What is being asked
Please quote exactly the lines below from the line containing "find_event-fresh n [] h = refl" to the line containing "items_of-append ((task, item)", both lines included, and nothing else.

Items from a data source:
━━━━━━
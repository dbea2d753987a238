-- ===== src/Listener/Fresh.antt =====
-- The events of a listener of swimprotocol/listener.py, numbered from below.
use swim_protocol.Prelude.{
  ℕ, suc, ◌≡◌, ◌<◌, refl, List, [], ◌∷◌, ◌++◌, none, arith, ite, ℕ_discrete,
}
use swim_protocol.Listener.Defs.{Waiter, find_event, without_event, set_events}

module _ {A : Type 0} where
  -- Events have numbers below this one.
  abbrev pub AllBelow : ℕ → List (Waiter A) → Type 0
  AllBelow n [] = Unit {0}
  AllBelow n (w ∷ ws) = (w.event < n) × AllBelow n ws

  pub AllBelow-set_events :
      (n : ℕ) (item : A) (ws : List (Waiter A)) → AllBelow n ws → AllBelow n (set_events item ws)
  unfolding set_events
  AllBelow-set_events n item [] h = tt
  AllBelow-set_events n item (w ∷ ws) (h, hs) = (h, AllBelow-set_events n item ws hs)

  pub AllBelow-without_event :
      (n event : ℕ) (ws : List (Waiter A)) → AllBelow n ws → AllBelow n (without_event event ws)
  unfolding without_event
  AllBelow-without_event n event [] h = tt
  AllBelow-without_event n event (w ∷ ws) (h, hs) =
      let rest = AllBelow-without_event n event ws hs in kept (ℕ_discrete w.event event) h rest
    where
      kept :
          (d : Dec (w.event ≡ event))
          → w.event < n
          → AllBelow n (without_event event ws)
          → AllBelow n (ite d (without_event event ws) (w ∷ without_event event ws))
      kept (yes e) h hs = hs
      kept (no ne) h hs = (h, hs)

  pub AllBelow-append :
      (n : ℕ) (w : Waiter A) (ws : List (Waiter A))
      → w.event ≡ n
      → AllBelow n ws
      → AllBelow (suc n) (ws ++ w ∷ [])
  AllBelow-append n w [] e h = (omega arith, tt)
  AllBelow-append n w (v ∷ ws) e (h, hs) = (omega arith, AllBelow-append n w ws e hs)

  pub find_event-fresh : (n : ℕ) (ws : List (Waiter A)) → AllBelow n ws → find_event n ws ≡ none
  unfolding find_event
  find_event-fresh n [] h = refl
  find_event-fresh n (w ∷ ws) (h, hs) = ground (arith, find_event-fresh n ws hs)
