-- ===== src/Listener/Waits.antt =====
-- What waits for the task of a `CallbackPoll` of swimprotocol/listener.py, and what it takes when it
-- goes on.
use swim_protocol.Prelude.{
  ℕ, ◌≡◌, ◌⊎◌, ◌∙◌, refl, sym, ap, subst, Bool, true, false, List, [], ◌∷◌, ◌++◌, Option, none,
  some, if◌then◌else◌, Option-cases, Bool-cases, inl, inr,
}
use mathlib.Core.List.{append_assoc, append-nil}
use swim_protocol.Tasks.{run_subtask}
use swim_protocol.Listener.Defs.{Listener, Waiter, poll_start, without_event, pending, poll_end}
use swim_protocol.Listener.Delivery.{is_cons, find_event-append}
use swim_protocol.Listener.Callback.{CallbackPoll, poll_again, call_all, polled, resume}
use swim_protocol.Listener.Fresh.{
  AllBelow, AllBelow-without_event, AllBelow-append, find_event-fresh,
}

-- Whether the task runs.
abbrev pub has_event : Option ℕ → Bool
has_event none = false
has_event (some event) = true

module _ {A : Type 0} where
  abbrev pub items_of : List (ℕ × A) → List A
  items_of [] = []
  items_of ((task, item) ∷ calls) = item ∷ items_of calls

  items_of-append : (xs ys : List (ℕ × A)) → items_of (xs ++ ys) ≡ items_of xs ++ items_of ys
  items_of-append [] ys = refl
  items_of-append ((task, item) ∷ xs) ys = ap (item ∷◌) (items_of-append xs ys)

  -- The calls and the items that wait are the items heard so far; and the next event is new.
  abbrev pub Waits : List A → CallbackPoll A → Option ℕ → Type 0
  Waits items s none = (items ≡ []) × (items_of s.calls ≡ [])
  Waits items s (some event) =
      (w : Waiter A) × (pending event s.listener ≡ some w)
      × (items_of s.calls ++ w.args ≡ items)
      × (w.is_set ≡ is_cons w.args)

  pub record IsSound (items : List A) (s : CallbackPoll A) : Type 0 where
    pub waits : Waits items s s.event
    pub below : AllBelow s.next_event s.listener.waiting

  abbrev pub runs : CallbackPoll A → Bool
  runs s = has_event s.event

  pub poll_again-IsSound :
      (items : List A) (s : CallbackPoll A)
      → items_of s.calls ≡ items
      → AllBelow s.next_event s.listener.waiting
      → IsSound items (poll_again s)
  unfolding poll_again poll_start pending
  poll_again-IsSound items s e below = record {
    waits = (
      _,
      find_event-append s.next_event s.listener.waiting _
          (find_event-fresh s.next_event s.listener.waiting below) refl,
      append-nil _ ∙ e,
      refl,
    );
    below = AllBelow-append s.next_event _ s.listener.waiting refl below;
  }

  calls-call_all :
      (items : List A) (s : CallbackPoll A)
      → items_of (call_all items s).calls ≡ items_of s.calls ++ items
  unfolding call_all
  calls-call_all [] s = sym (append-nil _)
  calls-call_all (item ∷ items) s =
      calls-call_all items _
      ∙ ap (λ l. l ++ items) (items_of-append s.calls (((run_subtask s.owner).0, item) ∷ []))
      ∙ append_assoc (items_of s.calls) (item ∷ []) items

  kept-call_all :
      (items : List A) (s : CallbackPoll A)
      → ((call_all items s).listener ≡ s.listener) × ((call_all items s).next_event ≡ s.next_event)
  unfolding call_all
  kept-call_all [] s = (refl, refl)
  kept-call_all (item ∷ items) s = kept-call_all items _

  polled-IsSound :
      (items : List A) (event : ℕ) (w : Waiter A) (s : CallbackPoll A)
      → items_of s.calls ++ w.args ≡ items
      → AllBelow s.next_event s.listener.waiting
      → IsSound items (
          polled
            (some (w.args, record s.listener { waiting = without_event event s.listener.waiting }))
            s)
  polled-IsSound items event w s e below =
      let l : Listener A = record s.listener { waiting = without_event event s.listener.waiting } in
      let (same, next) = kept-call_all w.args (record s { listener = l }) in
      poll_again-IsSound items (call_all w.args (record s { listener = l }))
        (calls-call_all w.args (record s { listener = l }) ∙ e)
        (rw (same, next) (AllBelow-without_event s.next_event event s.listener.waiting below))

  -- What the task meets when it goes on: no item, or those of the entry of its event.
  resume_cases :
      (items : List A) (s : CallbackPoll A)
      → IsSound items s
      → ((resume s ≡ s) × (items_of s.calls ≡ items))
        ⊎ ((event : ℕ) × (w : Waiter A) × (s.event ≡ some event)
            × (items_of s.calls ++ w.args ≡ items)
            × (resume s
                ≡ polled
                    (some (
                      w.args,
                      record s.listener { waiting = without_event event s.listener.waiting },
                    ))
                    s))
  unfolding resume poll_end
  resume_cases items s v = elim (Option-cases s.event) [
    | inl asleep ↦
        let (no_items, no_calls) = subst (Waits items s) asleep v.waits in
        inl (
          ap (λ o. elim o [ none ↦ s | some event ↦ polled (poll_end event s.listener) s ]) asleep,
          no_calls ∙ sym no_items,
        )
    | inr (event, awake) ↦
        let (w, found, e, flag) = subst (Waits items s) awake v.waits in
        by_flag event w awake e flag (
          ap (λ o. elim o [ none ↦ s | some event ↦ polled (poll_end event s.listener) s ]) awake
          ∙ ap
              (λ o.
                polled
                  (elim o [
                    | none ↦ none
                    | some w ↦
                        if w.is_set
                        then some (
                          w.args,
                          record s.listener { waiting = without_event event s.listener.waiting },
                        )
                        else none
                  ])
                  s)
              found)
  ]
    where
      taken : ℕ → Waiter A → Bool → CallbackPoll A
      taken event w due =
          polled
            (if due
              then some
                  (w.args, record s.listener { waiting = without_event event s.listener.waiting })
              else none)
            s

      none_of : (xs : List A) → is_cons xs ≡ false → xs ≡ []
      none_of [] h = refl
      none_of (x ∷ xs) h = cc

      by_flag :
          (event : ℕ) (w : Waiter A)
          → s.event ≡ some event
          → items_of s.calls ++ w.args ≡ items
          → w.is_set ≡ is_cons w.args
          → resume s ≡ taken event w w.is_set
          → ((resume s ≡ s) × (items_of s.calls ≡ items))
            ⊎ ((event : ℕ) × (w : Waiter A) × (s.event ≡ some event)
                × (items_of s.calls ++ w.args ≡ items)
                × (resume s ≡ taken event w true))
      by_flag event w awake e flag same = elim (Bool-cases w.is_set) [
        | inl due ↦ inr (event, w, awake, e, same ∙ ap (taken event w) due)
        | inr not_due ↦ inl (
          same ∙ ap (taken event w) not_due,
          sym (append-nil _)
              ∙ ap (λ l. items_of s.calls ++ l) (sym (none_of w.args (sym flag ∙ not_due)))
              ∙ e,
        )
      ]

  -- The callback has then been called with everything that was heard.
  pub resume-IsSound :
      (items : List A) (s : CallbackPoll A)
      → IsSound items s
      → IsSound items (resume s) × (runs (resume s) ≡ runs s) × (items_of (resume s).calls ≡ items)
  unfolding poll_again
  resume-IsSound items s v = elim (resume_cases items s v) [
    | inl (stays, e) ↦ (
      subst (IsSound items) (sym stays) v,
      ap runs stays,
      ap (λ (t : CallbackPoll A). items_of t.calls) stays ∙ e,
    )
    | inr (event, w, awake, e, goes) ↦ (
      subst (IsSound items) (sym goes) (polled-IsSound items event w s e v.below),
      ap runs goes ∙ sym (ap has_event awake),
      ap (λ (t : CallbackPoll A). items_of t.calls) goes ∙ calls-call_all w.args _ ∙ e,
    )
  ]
━━━━━━
Finished exercise
  find_event-fresh n [] h = refl
  find_event-fresh n (w ∷ ws) (h, hs) = ground (arith, find_event-fresh n ws hs)
-- ===== src/Listener/Waits.antt =====
-- What waits for the task of a `CallbackPoll` of swimprotocol/listener.py, and what it takes when it
-- goes on.
use swim_protocol.Prelude.{
  ℕ, ◌≡◌, ◌⊎◌, ◌∙◌, refl, sym, ap, subst, Bool, true, false, List, [], ◌∷◌, ◌++◌, Option, none,
  some, if◌then◌else◌, Option-cases, Bool-cases, inl, inr,
}
use mathlib.Core.List.{append_assoc, append-nil}
use swim_protocol.Tasks.{run_subtask}
use swim_protocol.Listener.Defs.{Listener, Waiter, poll_start, without_event, pending, poll_end}
use swim_protocol.Listener.Delivery.{is_cons, find_event-append}
use swim_protocol.Listener.Callback.{CallbackPoll, poll_again, call_all, polled, resume}
use swim_protocol.Listener.Fresh.{
  AllBelow, AllBelow-without_event, AllBelow-append, find_event-fresh,
}

-- Whether the task runs.
abbrev pub has_event : Option ℕ → Bool
has_event none = false
has_event (some event) = true

module _ {A : Type 0} where
  abbrev pub items_of : List (ℕ × A) → List A
  items_of [] = []
  items_of ((task, item) ∷ calls) = item ∷ items_of calls

  items_of-append : (xs ys : List (ℕ × A)) → items_of (xs ++ ys) ≡ items_of xs ++ items_of ys
  items_of-append [] ys = refl
  items_of-append ((task, item) ∷ xs) ys = ap (item ∷◌) (items_of-append xs ys)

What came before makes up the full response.